DATA:
-- ===== src/Monitor/Chosen.antt =====
-- The namespaces that `get_chosen_namespaces` of tools/monitor.py chooses, and its warnings.
use sunstorm_xactserver.Base.{
  ◌≡◌, refl, ◌∙◌, String, true, not, ◌&&◌, none, List, [], ◌∷◌, arith, contains, string_eq,
  if◌then◌else◌, Bool-cases, inl, inr,
}
use sunstorm_xactserver.Base.Dict.{Dict, keys, lookup}
use sunstorm_xactserver.Config.{MainConfig, NamespaceInfo, get_namespaces}
use sunstorm_xactserver.Monitor.{is_wanted, choose, not_found, get_chosen_namespaces}

lookup-choose :
    (ns : String) (names : List String) (d : Dict String NamespaceInfo)
    → lookup ns (choose names d) ≡ (if is_wanted names ns then lookup ns d else none)
unfolding choose
lookup-choose ns names [] = ground arith
lookup-choose ns names ((n, info) ∷ rest) = ground (arith, lookup-choose ns names rest)

contains-choose :
    (ns : String) (names : List String) (d : Dict String NamespaceInfo)
    → contains (keys (choose names d)) ns ≡ (is_wanted names ns && contains (keys d) ns)
unfolding choose
contains-choose ns names [] = ground arith
contains-choose ns names ((n, info) ∷ rest) = ground (arith, contains-choose ns names rest)

contains-not_found :
    (n : String) (names : List String) (chosen : Dict String NamespaceInfo)
    → contains (not_found names chosen) n ≡ (contains names n && not (contains (keys chosen) n))
unfolding not_found
contains-not_found n [] chosen = refl
contains-not_found n (m ∷ names) chosen = ground (arith, contains-not_found n names chosen)

wanted_of_given :
    (n : String) (names : List String) → contains names n ≡ true → is_wanted names n ≡ true
wanted_of_given n [] h = cc
wanted_of_given n (m ∷ names) h = h

-- A namespace is chosen if it is in the configuration and no names are given or its name is among
-- them. The names that are warned of are those that are given and not in the configuration.
get_chosen_namespaces_lem :
    (config : MainConfig) (names : List String) (ns : String)
    → let (chosen, missing) = get_chosen_namespaces config names in
      (lookup ns chosen ≡ (if is_wanted names ns then lookup ns (get_namespaces config) else none))
      × (contains missing ns
          ≡ (contains names ns && not (contains (keys (get_namespaces config)) ns)))
unfolding get_chosen_namespaces
get_chosen_namespaces_lem config names ns = (
  lookup-choose ns names (get_namespaces config),
  contains-not_found ns names (choose names (get_namespaces config))
      ∙ elim (Bool-cases (contains names ns)) [
        | inl e ↦
            rw (e, contains-choose ns names (get_namespaces config), wanted_of_given ns names e)
        | inr e ↦ rw e
      ],
)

WHAT IS REQUIRED: The response should consist of all the entries, reproduced word for word.

TASK SOLUTION:
-- ===== src/Monitor/Chosen.antt =====
-- The namespaces that `get_chosen_namespaces` of tools/monitor.py chooses, and its warnings.
use sunstorm_xactserver.Base.{
  ◌≡◌, refl, ◌∙◌, String, true, not, ◌&&◌, none, List, [], ◌∷◌, arith, contains, string_eq,
  if◌then◌else◌, Bool-cases, inl, inr,
}
use sunstorm_xactserver.Base.Dict.{Dict, keys, lookup}
use sunstorm_xactserver.Config.{MainConfig, NamespaceInfo, get_namespaces}
use sunstorm_xactserver.Monitor.{is_wanted, choose, not_found, get_chosen_namespaces}

lookup-choose :
    (ns : String) (names : List String) (d : Dict String NamespaceInfo)
    → lookup ns (choose names d) ≡ (if is_wanted names ns then lookup ns d else none)
unfolding choose
lookup-choose ns names [] = ground arith
lookup-choose ns names ((n, info) ∷ rest) = ground (arith, lookup-choose ns names rest)

contains-choose :
    (ns : String) (names : List String) (d : Dict String NamespaceInfo)
    → contains (keys (choose names d)) ns ≡ (is_wanted names ns && contains (keys d) ns)
unfolding choose
contains-choose ns names [] = ground arith
contains-choose ns names ((n, info) ∷ rest) = ground (arith, contains-choose ns names rest)

contains-not_found :
    (n : String) (names : List String) (chosen : Dict String NamespaceInfo)
    → contains (not_found names chosen) n ≡ (contains names n && not (contains (keys chosen) n))
unfolding not_found
contains-not_found n [] chosen = refl
contains-not_found n (m ∷ names) chosen = ground (arith, contains-not_found n names chosen)

wanted_of_given :
    (n : String) (names : List String) → contains names n ≡ true → is_wanted names n ≡ true
wanted_of_given n [] h = cc
wanted_of_given n (m ∷ names) h = h

-- A namespace is chosen if it is in the configuration and no names are given or its name is among
-- them. The names that are warned of are those that are given and not in the configuration.
get_chosen_namespaces_lem :
    (config : MainConfig) (names : List String) (ns : String)
    → let (chosen, missing) = get_chosen_namespaces config names in
      (lookup ns chosen ≡ (if is_wanted names ns then lookup ns (get_namespaces config) else none))
      × (contains missing ns
          ≡ (contains names ns && not (contains (keys (get_namespaces config)) ns)))
unfolding get_chosen_namespaces
get_chosen_namespaces_lem config names ns = (
  lookup-choose ns names (get_namespaces config),
  contains-not_found ns names (choose names (get_namespaces config))
      ∙ elim (Bool-cases (contains names ns)) [
        | inl e ↦
            rw (e, contains-choose ns names (get_namespaces config), wanted_of_given ns names e)
        | inr e ↦ rw e
      ],
)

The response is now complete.